Evolutionists believe that lizards developed plates on their skin which through generations grew over more and more of the body until they fused into a turtle carapace. Martin cites the researcher Michael Lee's suggestion as an example of the evolutionary progression. Lee listed Captorhinus, Bradysaurus, Scutosaurus, and Anthodon as a possible progression from unplated lizard to plated lizard that is nearly a turtle. Martin questions the progression because of the great differences between lizards, plated or not, and turtles. He notes that it requires movement of bone structures past each other to make the change from lizard to turtle and wonders how this can happen in step by step evolution. Lizards generally rely on speed where turtles rely on armor, and that makes it difficult to imagine how an in between animal would be selected as better than a lizard. No skeletons show an in between, lizard/turtle mix, which makes it a continuing problem for evolutionists to demonstrate a clear pathway.

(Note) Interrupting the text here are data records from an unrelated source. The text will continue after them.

-- ===== src/Hub/Network.antt =====
-- The connections of hub-esp32/hub-esp32.ino: `mqttReconnect`, `checkNetwork` and `WiFiEvent`. What
-- PubSubClient and WiFi answer, and the time, are parameters.
pub mod Reconnect
pub mod Spacing
mod Tests
use sensaurus.Prelude.{
  ℕ, zero, suc, ◌+◌, ◌-◌, ◌*◌, ◌/◌, ◌^◌, Bool, true, false, not, ◌&&◌, ◌||◌, List, [], ◌∷◌, ◌++◌,
  Option, none, some, ltb, leb, ◌==◌, if◌then◌else◌, Text, codes, u32,
}
use sensaurus.CText.{c_str, strcpy}
use sensaurus.Config.{Config}

abbrev pub max_mqtt_connect_retries : ℕ
max_mqtt_connect_retries = 3

abbrev pub mqtt_reconnect_interval : ℕ
mqtt_reconnect_interval = 20000

abbrev pub wifi_last_connected_retry_freshold : ℕ
wifi_last_connected_retry_freshold = 15000

-- The build flavors, and whether ENABLE_BLE is defined in a flavor.
pub data Flavor : Type 0 where
  aws_no_ble aws_ble mqtt_ble : Flavor

unfoldable pub has_ble : Flavor → Bool
has_ble aws_no_ble = false
has_ble aws_ble = true
has_ble mqtt_ble = true

-- Whether ENABLE_AWS_IOT is defined in a flavor, or else ENABLE_MQTT.
unfoldable pub uses_aws : Flavor → Bool
uses_aws aws_no_ble = true
uses_aws aws_ble = true
uses_aws mqtt_ble = false

-- The globals of the connections; times are in milliseconds, on 32 bits. Each topic name has an
-- array of 100 characters.
pub record Network : Type 0 where
  pub pubsub_enabled : Bool
  pub wifi_connected : Bool
  pub last_wifi_connected : ℕ
  pub last_mqtt_connection_attempt : ℕ
  pub last_wifi_connection_attempt : ℕ
  pub command_topic_name : List ℕ
  pub actuators_topic_name : List ℕ

-- The difference of two times.
abbrev pub since : ℕ → ℕ → ℕ
since time earlier = u32 (time + 2 ^ 32 - earlier)

pub data WifiEvent : Type 0 where
  ap_start sta_start sta_connected ap_sta_got_ip6 sta_lost_ip : WifiEvent
  sta_got_ip sta_disconnected other_event : WifiEvent

-- `WiFiEvent`, at a time.
unfoldable pub wifi_event : ℕ → Network → WifiEvent → Network
wifi_event time s sta_got_ip = record s { wifi_connected = true; last_wifi_connected = time }
wifi_event time s sta_disconnected = record s { wifi_connected = false }
wifi_event time s ap_start = s
wifi_event time s sta_start = s
wifi_event time s sta_connected = s
wifi_event time s ap_sta_got_ip6 = s
wifi_event time s sta_lost_ip = s
wifi_event time s other_event = s

-- A topic of the hub.
abbrev pub topic : Config → Text → Text
topic config name = c_str config.owner_id ++ codes "/hub/" ++ c_str config.hub_id ++ name

-- What the libraries answer during one call of `mqttReconnect`: before and at its `k`-th attempt,
-- and to the two subscriptions.
pub record Answers : Type 0 where
  pub connected : ℕ → Bool
  pub wifi_status : ℕ → Bool
  pub connect : ℕ → Bool
  pub subscribe_command : Bool
  pub subscribe_actuators : Bool

-- Behind a connection: the topic names are written, `none` where one does not fit its array, and
-- subscribed to, the second only if the first succeeds. The topics are those asked for.
unfoldable pub subscribe_topics : Config → Answers → Network → Option (Bool × Network × List Text)
subscribe_topics config a s = elim (strcpy s.command_topic_name (topic config (codes "/command"))) [
  | none ↦ none
  | some command ↦ elim (strcpy s.actuators_topic_name (topic config (codes "/actuators"))) [
    | none ↦ none
    | some actuators ↦
        let named = record s { command_topic_name = command; actuators_topic_name = actuators } in
        some (
          if a.subscribe_command
          then (a.subscribe_actuators, named, c_str command ∷ c_str actuators ∷ [])
          else (false, named, c_str command ∷ []))
  ]
]

-- The outcome of the loop: its result, the globals, the topics asked for and the connections
-- tried.
pub record Outcome : Type 0 where
  pub success : Bool
  pub network : Network
  pub topics : List Text
  pub tries : ℕ

-- The loop of `mqttReconnect` with `retries` attempts made; `none` is an array overrun, or that
-- the fuel is used up.
unfoldable pub reconnect_loop : Config → Answers → Network → ℕ → ℕ → Option Outcome
unfolding subscribe_topics
reconnect_loop config a s zero retries = none
reconnect_loop config a s (suc fuel) retries =
    let again = reconnect_loop config a s fuel (retries + 1) in
    let stop =
      λ (tries : ℕ). some (record { success = false; network = s; topics = []; tries = tries }) in
    if a.connected retries
    then stop retries
    else if not (a.wifi_status retries)
    then stop retries
    else if a.connect retries
    then elim (subscribe_topics config a s) [
      | none ↦ none
      | some (success, named, topics) ↦
          some (record { success = success; network = named; topics = topics; tries = retries + 1 })
    ]
    else if leb max_mqtt_connect_retries (retries + 1)
    then stop (retries + 1)
    else again

-- `mqttReconnect`: three rounds are enough.
unfoldable pub mqtt_reconnect : Config → Answers → Network → Option Outcome
unfolding reconnect_loop
mqtt_reconnect config a s = reconnect_loop config a s 3 0

-- What one call of `checkNetwork` sees of the libraries: whether the client is connected, in its
-- `connected` and its `state`, the status of WiFi, whether a DNS lookup succeeds, and the times
-- that `millis` returns.
pub record Sight : Type 0 where
  pub client_connected : Bool
  pub state_connected : Bool
  pub wifi_up : Bool
  pub dns_up : Bool
  pub time : ℕ
  pub dns_time : ℕ
  pub end_time : ℕ
  pub answers : Answers

-- `checkNetwork` with ENABLE_MQTT; true for a restart of WiFi.
unfoldable pub check_network : Config → Sight → Network → Option (Network × Bool)
check_network config e s =
    let lost = not e.client_connected || not e.state_connected in
    let due = ltb mqtt_reconnect_interval (since e.time s.last_mqtt_connection_attempt) in
    let settled = ltb wifi_last_connected_retry_freshold (since e.dns_time s.last_wifi_connected) in
    let delay_reconnect = if e.wifi_up then settled && not e.dns_up else true in
    if s.pubsub_enabled && lost && due
    then (if delay_reconnect
        then some (
          record s { last_mqtt_connection_attempt = u32 (s.last_mqtt_connection_attempt + 15000) },
          true,
        )
        else elim (mqtt_reconnect config e.answers s) [
          | none ↦ none
          | some outcome ↦
              some (record outcome.network { last_mqtt_connection_attempt = e.end_time }, false)
        ])
    else some (s, false)

-- `checkNetwork` with ENABLE_AWS_IOT: the level of the status LED, and true for a restart of WiFi.
unfoldable pub check_network_aws : ℕ → Bool → Network → Network × ℕ × Bool
check_network_aws time wifi_up s =
    let level = if not (time / 2 ^ 5 == 0) then 200 else 0 in
    let due = ltb 15000 (since time s.last_wifi_connection_attempt) in
    if wifi_up
    then (s, 70, false)
    else if due
    then (record s { last_wifi_connection_attempt = time }, level, true)
    else (s, level, false)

Most evolutionary scientists believe that green sea turtle migration pattern have evolved over millions of year.[4] However, mitochondrial DNA shows that these patterns could evolve in a couple thousand years (Bowen, Meyland,and Avise, 1989). The separation of turtle migration patterns could have "occurred a few 10s of 1000s of years ago at most".[5] This supports the idea that post-Flood ecologies could get back on their feet.

Gallery

References

  1. 1.0 1.1 A Mitochondrial DNA Analysis of the Testudine Apobaramin by D. Ashley Robinson. CRSQ 33(4):262-272. March 1997.
  2. 2.0 2.1 Li, Chun; Wu, Xiao-Chun; Rieppel, Olivier; Wang, Li-Ting; Zhao, Li-Jun (November 27, 2008). "An Ancestral Turtle from the Late Triassic of Southwestern China". Nature (Nature Publishing Group/Macmillan Publishers Limited) 456 (7221): 497-501. ISSN 0028-0836. 
  3. Reisz, Robert R.; Head, Jason J (November 27, 2008). "Turtle Origins out to Sea". Nature (Nature Publishing Group/Macmillan Publishers Limited) 456 (7221): 450-451. ISSN 0028-0836. 
  4. Carr, A. and R J. Coleman. 1974. Seafloor spreading theory and the odyssey of the green turtle. Nature 249:128-130.
  5. Lewin, Roger. 1989. New look at turtle migration mystery. Science 243:1009.